I have wrapped all the steam lines with fiberglass tape for insulation. It is a high temperture electrical tape with a heat setting adhesive. After wrapping the lines I baked them in the oven at 250 deg. F for half an hour. I hope this will help conserve steam. 









I mounted the reversing servo in the dummy fire box below the foot plate. The J-bar pivot runs through the frame rail and has an actuating lever inside the fire box. It works very well except for some binding in the left expansion link in the reverse position, which I will have to fix. 









Now I need to get some runs on the track to determine how much travel I need for the throttle so that servo setup can be designed. 

The cow catcher with the rock guards and painted.


----------



## placitassteam (Jan 2, 2008)

Well, I seem to be making one step forward and two backward. I was having trouble getting the burner to stay lit, but seem to have that fixed. However I can't produce enough steam. I can build the pressure to 40 PSI and within 100 feet it is down to less than 20. There are some steam leaks but it appears that the main problem is that the loco is radiating heat almost as fast as it is produced. I my have to do a redesign of the main frame and pilot deck to isolate the boiler and cylinders from the large metal masses which are sucking up lots of heat. A radiant screen on the burner and some heat trapping material in the flue might also help. Ideas anybody?


----------



## alcashj94 (Jan 2, 2008)

Winn, 
I would work on the steam leaks first - bet you are loosing more than you realise. A couple of small whispers can leak as much steam as the cylinders need so you are having to provide twice as much steam for the same work. 
A roundhouse boiler should go for at least 20 - 30 mins on one fill judging by the locos I have seen at my local club. I would not worry too much about the mass of brass at the moment, some models I have seen have plenty of metal around the cylinders along with expossed pipework and still perform OK. People run in the winter as well with much more potential for heat loss than this time of year. 
Start off at the regulator and work through each joint in turn, maybe disconect the next section and blank the end so you can presure test each joint in turn to find the one that is causing the problem. 
Hope you get it sorted - too good a project to fail now! 
Allan.


----------



## placitassteam (Jan 2, 2008)

Thank you Allan, you are right. I do need to do an intensive leak search and remedy. I have already noted a couple of fairly obvious ones, The safety valve and valve box covers. I have a stethescope to use and Wesley Furman also suggested using a punk stick or incense stick to detect air blowing the smoke. There a few joints I may solder together instead of using gaskets. If that mostly solves the problem it would definately be easier than redesigning the cylinder mounts and the frame/running board assembly.

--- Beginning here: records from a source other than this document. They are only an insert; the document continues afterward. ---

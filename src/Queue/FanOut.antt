-- ===== src/Queue/FanOut.antt =====
-- internal/infrastructure/persistence/delivery_queue_manager.go: `FanOutMessage`, one message to
-- every device of a user in one statement.
use neo_nect_server.Base.{
  ℕ, ◌+◌, none, some, String, List, [], ◌∷◌, ◌==◌, nat_eq, string_eq, Bytes, length, if◌then◌else◌,
}
use neo_nect_server.Error.{ok, mailbox_full}
use neo_nect_server.Db.{QueueRow, Tables, Db, pure, raise, ◌>>=◌, statement}
use neo_nect_server.Queue.{QueueConfig, is_for, mailbox_bytes, has_room, append_row}

-- The rows of one `INSERT … SELECT … UNION ALL …`. SQLite evaluates the whole SELECT over the table
-- as it was before the statement, since the statement reads the table that it inserts into.
unfoldable pub last_sequence : String → List QueueRow → ℕ → ℕ
last_sequence device_id [] last = last
last_sequence device_id (q ∷ rows) last =
    last_sequence device_id rows (if is_for device_id q then q.sequence else last)

abbrev pub fan_out_row : ℕ → String → Bytes → ℕ → List QueueRow → QueueRow
fan_out_row now device_id payload ttl_seconds rows = record {
  id = 0;
  device_id = device_id;
  payload = payload;
  expiry = now + ttl_seconds;
  sequence = last_sequence device_id rows 0 + 1;
  retry_count = 0;
  next_retry = 0;
  ack_deadline = 0;
  message_id = none;
  sender_device_id = none;
  protocol_version = some 1;
}

-- the rows selected over the table `rows`, in the order of the devices
unfoldable pub fan_out_rows :
    QueueConfig → ℕ → List String → Bytes → ℕ → List QueueRow → List QueueRow
unfolding last_sequence mailbox_bytes
fan_out_rows cfg now [] payload ttl_seconds rows = []
fan_out_rows cfg now (d ∷ device_ids) payload ttl_seconds rows =
    let rest = fan_out_rows cfg now device_ids payload ttl_seconds rows in
    if has_room cfg d payload rows then fan_out_row now d payload ttl_seconds rows ∷ rest else rest

unfoldable pub append_rows : List QueueRow → Tables → Tables
append_rows [] t = t
append_rows (q ∷ rows) t = append_rows rows (append_row q t)

unfoldable pub fan_out_message : QueueConfig → ℕ → List String → Bytes → ℕ → Db (Unit {0})
unfolding fan_out_rows append_rows
fan_out_message cfg now [] payload ttl_seconds = pure tt
fan_out_message cfg now (d ∷ device_ids) payload ttl_seconds = do
  affected ← statement (λ t.
      let rows = fan_out_rows cfg now (d ∷ device_ids) payload ttl_seconds t.delivery_queue in
      ok (length rows, append_rows rows t))
  if affected == 0 then raise mailbox_full else pure tt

Right now I'm leaving for a couple of days to do volunteer work at the Durango and Silverton. Maybe Monday I'll get a chance to do some leak chasing.


----------



## redbeard (Jan 2, 2008)

Hi Winn, 
Absolutely Beautiful! What a great job you have done. I HATED to start the painting process on my Ruby conversion, but now I am glad it's done. For what its worth, I had a leak I could not find when I got the running parts of the engine together. I never found it with steam! I hooked an air line to the goodall valve and ran the pressure up to 45 lbs and used soapy water to find the leak. (45 lbs is 10 lbs over my operating pressure so I removed the pop-off valve for this test and was very careful with the pressure) My leak was between the steam outlet bushing on the boiler and the "manifold" that came with the Ruby. Since I had insulated and wrapped the boiler, the telltale water/steam was inside the wrapper. Using a LOT of soapy water I found "leaks" from the bottom seam of the wrapper. When I took the wrapper off I was able to pinpoint the leak and take care of it. 
Maybe this will help. 
redbeard AKA Larry Newman


----------



## placitassteam (Jan 2, 2008)

Hey Larry, Thanks for the kudus and the suggestion of using soapy water. I don't know why I hadn't thought of that. I've used it often when checking for gas leaks around the house and even on the loco's gas lines. I have been messing around putting RC on my C16 and Ruby/Forney. I also made a spit valve for the C16 which can direct the exhaust out pipes under the cylinders when cold starting. Thanks again.


----------



## placitassteam (Jan 2, 2008)

I'm still here!!! It seems that a lot of things keep getting in the way of working on the Bogie. I tore it down to just the cylinders and valves with the steam feed pipe and applied air at 20 psi. There were numerous leaks around the heads and and considerable blow-by on the right cylinder. I doubled up on the head gaskets (oil soaked dollar bill), did some additional honing of the cylinder and made a new piston with a slightly larger ID for the O-ring. I reassembled the power bogie and ran it on air. It seemed like it was running mostly on one cylinder. I disconnected the piston rods and found that the right piston was stopping at the end of the stroke and upon reversing the valve it would not move. The was a lot of blowby. I disassembled the cylinder and found a nick in the O-ring. A new O-ring rendered a very smooth running engine. There are still a few leaks around some of the screws which should be easy to seal with some silicone at final assembly. I am waiting for a 1/8th end mill to do some work on the running boards to cut down on heat transfer. I already did this on the pilot deck where the cylinders attach, but broke my end mill. 
Here is a picture of the thermal break on the left side of the pilot deck 









Next job is to reassemble and try steaming. By the way, I used a modified stethesocope with a thin tube to locate leaks. It worked very well.


----------



## Rich Schiffman (Jan 2, 2008)

Winn, 

I am glad to see you back on the project. I highly admire the work you do. I look forward to more, so please keep it coming.


----------



## placitassteam (Jan 2, 2008)

I have been spending a lot of my time on the extension to my RR and battery powering a couple of Geese, but I got the end mill that I needed so here goes. As mentioned earlier I have been chasing steam leaks and have them under control. In the interest of conserving heat I am also attempting to minimize the heat transfer to radiating surfaces. In the previous post I showed one of the slots in the pilot deck. I have now completed both slots in the deck and now have added slots to the running boards. 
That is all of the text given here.